++++ Supplied material ++++

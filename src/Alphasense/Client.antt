-- ===== src/Alphasense/Client.antt =====
-- The capabilities of the AlphaSense adapter: `FetchDevices`, `FetchEvents`, `SendCommand`.
use Prim.Native.String.{◌++◌ as append}
use smart_eyes.Base.{String, Option, none, some, List, [], if◌then◌else◌}
use smart_eyes.Errors.{Result, ok, err, Err, plain, permanent}
use smart_eyes.Domain.{
  Time, Device, CommandType, get_status, start_monitoring, stop_monitoring, update_config,
  other_command, CommandState, delivered, Command,
}
use smart_eyes.Provider.{NormalizedEvent}
use smart_eyes.Alphasense.{
  WireUnit, WireAlert, Formats, Transport, Call, devices_of, events_of, do_request,
}

abbrev pub get_call : String → Call
get_call path = record { method = "GET"; path = path; body = "" }

abbrev pub units_result : Formats → Time → Result (List WireUnit) → Result (List Device)
units_result f now (err x) = err x
units_result f now (ok us) = ok (devices_of f now us)

-- `now` is the time after the request
unfoldable pub fetch_devices :
    {S : Type 0} → Transport S → Formats → Time → S → Result (List Device) × S
fetch_devices tr f now s =
    let (r, s') = do_request tr (get_call "/api/v2/units") f.units_json [] s in
    (units_result f now r, s')

-- the events, and the error of the request or of the first malformed alert
abbrev pub alerts_result :
    Formats → Time → Result (List WireAlert) → List NormalizedEvent × Option Err
alerts_result f received (err x) = ([], some x)
alerts_result f received (ok alerts) = events_of f received alerts

unfoldable pub fetch_events :
    {S : Type 0} → Transport S → Formats → Time → Time → S → (List NormalizedEvent × Option Err) × S
fetch_events tr f since received s =
    let (r, s') =
      do_request tr (get_call (append "/api/v2/alerts?" (f.since_query since))) f.alerts_json []
        s in
    (alerts_result f received r, s')

-- the vocabulary of the provider; a type that is not in the map has the empty instruction
abbrev pub instruction_of : CommandType → Option String
instruction_of get_status = some "status_report"
instruction_of start_monitoring = some "arm"
instruction_of stop_monitoring = some "disarm"
instruction_of update_config = some "reconfigure"
instruction_of (other_command s) = none

abbrev pub or_empty_params : Formats → String → String
or_empty_params f s = if f.is_blank s then "{}" else s

abbrev pub instruction_call : Formats → String → String → Command → Call
instruction_call f device instruction c = record {
  method = "POST";
  path = append "/api/v2/units/" (append (f.path_escape device) "/instructions");
  body = f.instruction_json instruction (or_empty_params f c.payload) c.id;
}

abbrev pub sent_result : Result (Unit {0}) → Result (CommandState × String)
sent_result (err x) = err x
sent_result (ok u) = ok (delivered, "accepted by alphasense")

-- the body of the answer is not read
unfoldable pub send_instruction :
    {S : Type 0}
    → Transport S
    → Formats
    → String
    → Command
    → Option String
    → S
    → Result (CommandState × String) × S
send_instruction tr f device c none s =
    (err (permanent (plain "alphasense cannot express command")), s)
send_instruction tr f device c (some instruction) s =
    let (r, s') = do_request tr (instruction_call f device instruction c) (λ content. ok tt) tt s in
    (sent_result r, s')

unfoldable pub send_command :
    {S : Type 0} → Transport S → Formats → String → Command → S → Result (CommandState × String) × S
unfolding send_instruction
send_command tr f device c s = send_instruction tr f device c (instruction_of c.command_type) s
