-- ===== src/Reliability/Success.antt =====
-- What a success of the retry loop tells of the operation.
use smart_eyes.Base.{
  ℕ, zero, suc, ◌-◌, ◌≡◌, refl, sym, Option, none, some, arith, Bool-cases, Option-cases, inl, inr,
}
use smart_eyes.Errors.{Err}
use smart_eyes.Reliability.{
  Policy, Outcome, done, gave, panicked, World, tries, is_final, give_up, after_op, after_sleep,
  pause, round, rounds, do_op, draw_bound,
}

module _ {S : Type 0} (w : World S) (p : Policy) (Q : S → Type 0)
    (op_success : (s : S) → (w.op s).0 ≡ none → Q (w.op s).1) where
  after_op-done :
      (retry : Err → S → Outcome × S) (s : S)
      → ((e : Err) (t : S) → (retry e t).0 ≡ done → Q (retry e t).1)
      → (r : Option Err) → r ≡ (w.op s).0
      → (after_op w p retry r (w.op s).1).0 ≡ done
      → Q (after_op w p retry r (w.op s).1).1
  unfolding after_op
  after_op-done retry s h none e d = op_success s (sym e)
  after_op-done retry s h (some x) e d = elim (Bool-cases (is_final x)) [
    | inl final ↦ absurd (ground (arith, d, final))
    | inr again ↦ rw again (h x (w.op s).1 (rw again at d))
  ]

  round-done :
      (retry : Err → S → Outcome × S) (s : S)
      → ((e : Err) (t : S) → (retry e t).0 ≡ done → Q (retry e t).1)
      → (round w p retry s).0 ≡ done
      → Q (round w p retry s).1
  unfolding round
  round-done retry s h d = elim (Option-cases (w.ctx_err s)) [
    | inl alive ↦
        rw (alive, round) (after_op-done retry s h (w.op s).0 refl (rw (alive, round) at d))
    | inr (x, over) ↦
        let stopped : gave x ≡ done = rw (over, round) at d in absurd (ground (arith, stopped))
  ]

  after_sleep-done :
      (next : S → Outcome × S)
      → ((t : S) → (next t).0 ≡ done → Q (next t).1)
      → (r : Option Err) (s : S) → (after_sleep w p next r s).0 ≡ done
      → Q (after_sleep w p next r s).1
  unfolding after_sleep
  after_sleep-done next h none s d = h s d
  after_sleep-done next h (some x) s d = absurd (ground (arith, d))

  pause-done :
      (attempt : ℕ) (next : S → Outcome × S) (e : Err) (s : S)
      → ((t : S) → (next t).0 ≡ done → Q (next t).1)
      → (pause w p attempt next e s).0 ≡ done
      → Q (pause w p attempt next e s).1
  unfolding pause
  pause-done attempt next e s h d = elim (Option-cases (draw_bound p attempt)) [
    | inl shut ↦
        let stopped : panicked ≡ done = rw (shut, pause) at d in absurd (ground (arith, stopped))
    | inr (n, open_) ↦
        let (k, s1) = w.draw n s in
        let (r, s2) = w.sleep k s1 in
        rw (open_, pause) (after_sleep-done next h r s2 (rw (open_, pause) at d))
  ]

  rounds-done :
      (left attempt : ℕ) (s : S)
      → (rounds w p left attempt s).0 ≡ done
      → Q (rounds w p left attempt s).1
  unfolding rounds give_up
  rounds-done zero attempt s d = round-done (give_up w p) s (λ e t h. absurd (ground (arith, h))) d
  rounds-done (suc left) attempt s d =
      round-done (pause w p attempt (rounds w p left (suc attempt))) s
        (λ e t.
          pause-done attempt (rounds w p left (suc attempt)) e t
            (λ u. rounds-done left (suc attempt) u))
        d

  -- When `Do` returns nil, the state it leaves is one that a successful run of the operation made:
  -- it has every property that holds after each such run.
  pub do_op-done : (s : S) → (do_op w p s).0 ≡ done → Q (do_op w p s).1
  unfolding do_op
  do_op-done s d = rounds-done (tries p - 1) 0 s d
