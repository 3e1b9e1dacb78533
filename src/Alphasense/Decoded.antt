-- ===== src/Alphasense/Decoded.antt =====
-- A request that succeeds returns what was decoded.
use smart_eyes.Base.{
  ◌≡◌, refl, sym, ℕ, String, Option, none, some, List, false, ◌&&◌, arith, leb, ltb, Bool-cases,
  inl, inr,
}
use smart_eyes.Errors.{Result, ok, err, Err}
use smart_eyes.Reliability.{Outcome, done, gave, panicked, do_op, default_policy}
use smart_eyes.Reliability.Success.{do_op-done}
use smart_eyes.Alphasense.{
  Transport, Call, Reply, Trip, decoded, judge_401, judge, after_exchange, send_with, after_token,
  attempt, trip_world, held, do_request,
}

module _ {S A : Type 0} (tr : Transport S) (call : Call) (json : List ℕ → Result A) where
  abbrev pub IsDecoded : Trip S A → Type 0
  IsDecoded t = (content : List ℕ) × ((a : A) × ((t.out ≡ some a) × (json content ≡ ok a)))

  decoded-IsDecoded :
      (content : List ℕ) (r : Result A) (t : Trip S A)
      → r ≡ json content
      → (decoded tr call json r t).0 ≡ none
      → IsDecoded (decoded tr call json r t).1
  unfolding decoded
  decoded-IsDecoded content (ok a) t e h = (content, (a, (refl, sym e)))
  decoded-IsDecoded content (err x) t e h = absurd (ground (arith, h))

  judge-IsDecoded :
      (r : Reply) (t : Trip S A)
      → (judge tr call json r t).0 ≡ none
      → IsDecoded (judge tr call json r t).1
  unfolding judge judge_401
  judge-IsDecoded r t h = elim (Bool-cases (leb 200 r.status && ltb r.status 300)) [
    | inl fine ↦ rw fine (decoded-IsDecoded r.content (json r.content) t refl (rw fine at h))
    | inr bad ↦ absurd (ground (arith, h, bad))
  ]

  after_exchange-IsDecoded :
      (r : Result Reply) (t : Trip S A)
      → (after_exchange tr call json r t).0 ≡ none
      → IsDecoded (after_exchange tr call json r t).1
  unfolding after_exchange
  after_exchange-IsDecoded (err x) t h = absurd (ground (arith, h))
  after_exchange-IsDecoded (ok r) t h = judge-IsDecoded r t h

  send_with-IsDecoded :
      (token : String) (o : Option Err) (t : Trip S A)
      → (send_with tr call json token o t).0 ≡ none
      → IsDecoded (send_with tr call json token o t).1
  unfolding send_with
  send_with-IsDecoded token (some x) t h = absurd (ground (arith, h))
  send_with-IsDecoded token none t h =
      let (r, s) = tr.exchange call token t.outer in
      after_exchange-IsDecoded r (record t { outer = s }) h

  after_token-IsDecoded :
      (r : Result String) (t : Trip S A)
      → (after_token tr call json r t).0 ≡ none
      → IsDecoded (after_token tr call json r t).1
  unfolding after_token
  after_token-IsDecoded (err x) t h = absurd (ground (arith, h))
  after_token-IsDecoded (ok token) t h = send_with-IsDecoded token (tr.request_error call) t h

  attempt-IsDecoded :
      (t : Trip S A) → (attempt tr call json t).0 ≡ none → IsDecoded (attempt tr call json t).1
  unfolding attempt
  attempt-IsDecoded t h =
      let (r, s) = tr.access_token t.outer in after_token-IsDecoded r (record t { outer = s }) h

  held-ok :
      (zero_value a : A) (x : Outcome × Trip S A)
      → (x.0 ≡ done → IsDecoded x.1)
      → (held tr call json zero_value x).0 ≡ ok a
      → (content : List ℕ) × (json content ≡ ok a)
  held-ok zero_value a (done, t) d h =
      let (content, (b, (kept, parsed))) = d refl in (content, ground (arith, h, kept, parsed))
  held-ok zero_value a (gave x, t) d h = absurd (ground (arith, h))
  held-ok zero_value a (panicked, t) d h = absurd (ground (arith, h))

  -- What a request to the provider returns without an error is what the decoder made of some
  -- content; the zero value of the variable is never taken for an answer.
  pub do_request-decoded :
      (zero_value a : A) (s : S)
      → (do_request tr call json zero_value s).0 ≡ ok a
      → (content : List ℕ) × (json content ≡ ok a)
  unfolding do_request trip_world
  do_request-decoded zero_value a s h =
      let start : Trip S A = record { refreshed = false; out = none; outer = s } in
      held-ok zero_value a (do_op (trip_world tr call json) default_policy start)
        (do_op-done (trip_world tr call json) default_policy IsDecoded attempt-IsDecoded start) h
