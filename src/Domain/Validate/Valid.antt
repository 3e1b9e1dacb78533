-- ===== src/Domain/Validate/Valid.antt =====
-- Which events `Validate` lets pass.
use smart_eyes.Base.{
  ◌≡◌, refl, ◌↔◌, Bool, true, false, ◌||◌, not, String, none, List, ◌++◌, arith, str_eq,
}
use smart_eyes.Domain.Float.{float_lt, float_zero, float_one}
use smart_eyes.Domain.Names.{valid_provider, valid_hazard_type}
use smart_eyes.Domain.Records.{HazardEvent, is_zero_time}
use smart_eyes.Domain.Validate.{complain, errors_join, validate}

complain-none :
    (b : Bool) (m : String) (rest : List String)
    → errors_join (complain b m ++ rest) ≡ none
    → (b ≡ false) × (errors_join rest ≡ none)
complain-none true m rest h = absurd (ground arith)
complain-none false m rest h = (refl, h)

-- The six conditions of a well-formed event. (A NaN passes the two tests on the confidence.)
pub record IsValid (e : HazardEvent) : Type 0 where
  pub keyed : str_eq e.dedup_key "" ≡ false
  pub resolved : str_eq e.device_id "" ≡ false
  pub known_source : valid_provider e.source ≡ true
  pub known_type : valid_hazard_type e.hazard_type ≡ true
  pub not_below : float_lt e.confidence float_zero ≡ false
  pub not_above : float_lt float_one e.confidence ≡ false
  pub confirmed : is_zero_time e.confirmed_at ≡ false

validate-IsValid : (e : HazardEvent) → validate e ≡ none → IsValid e
unfolding validate
validate-IsValid e h =
    let (key, h1) = complain-none (str_eq e.dedup_key "") _ _ h in
    let (device, h2) = complain-none (str_eq e.device_id "") _ _ h1 in
    let (source, h3) = complain-none (not (valid_provider e.source)) _ _ h2 in
    let (type, h4) = complain-none (not (valid_hazard_type e.hazard_type)) _ _ h3 in
    let (range, h5) =
      complain-none (float_lt e.confidence float_zero || float_lt float_one e.confidence) _ _ h4 in
    let (time, h6) = complain-none (is_zero_time e.confirmed_at) _ _ h5 in
    ground (arith, key, device, source, type, range, time)

IsValid-validate : (e : HazardEvent) → IsValid e → validate e ≡ none
unfolding validate
IsValid-validate e v = ground (arith, v)

-- `Validate` reports no error exactly when all six conditions hold.
pub validate_iff : (e : HazardEvent) → (validate e ≡ none) ↔ IsValid e
validate_iff e = (validate-IsValid e, IsValid-validate e)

++++

The problem ▸ Would you please copy exactly the part of the entries above that begins at the line containing "send_with-IsDecoded token (some" and ends at the line containing "s).0 ≡ ok a", both lines included?

Written response ▸
  send_with-IsDecoded token (some x) t h = absurd (ground (arith, h))
  send_with-IsDecoded token none t h =
      let (r, s) = tr.exchange call token t.outer in
      after_exchange-IsDecoded r (record t { outer = s }) h

  after_token-IsDecoded :
      (r : Result String) (t : Trip S A)
      → (after_token tr call json r t).0 ≡ none
      → IsDecoded (after_token tr call json r t).1
  unfolding after_token
  after_token-IsDecoded (err x) t h = absurd (ground (arith, h))
  after_token-IsDecoded (ok token) t h = send_with-IsDecoded token (tr.request_error call) t h

  attempt-IsDecoded :
      (t : Trip S A) → (attempt tr call json t).0 ≡ none → IsDecoded (attempt tr call json t).1
  unfolding attempt
  attempt-IsDecoded t h =
      let (r, s) = tr.access_token t.outer in after_token-IsDecoded r (record t { outer = s }) h

  held-ok :
      (zero_value a : A) (x : Outcome × Trip S A)
      → (x.0 ≡ done → IsDecoded x.1)
      → (held tr call json zero_value x).0 ≡ ok a
      → (content : List ℕ) × (json content ≡ ok a)
  held-ok zero_value a (done, t) d h =
      let (content, (b, (kept, parsed))) = d refl in (content, ground (arith, h, kept, parsed))
  held-ok zero_value a (gave x, t) d h = absurd (ground (arith, h))
  held-ok zero_value a (panicked, t) d h = absurd (ground (arith, h))

  -- What a request to the provider returns without an error is what the decoder made of some
  -- content; the zero value of the variable is never taken for an answer.
  pub do_request-decoded :
      (zero_value a : A) (s : S)
      → (do_request tr call json zero_value s).0 ≡ ok a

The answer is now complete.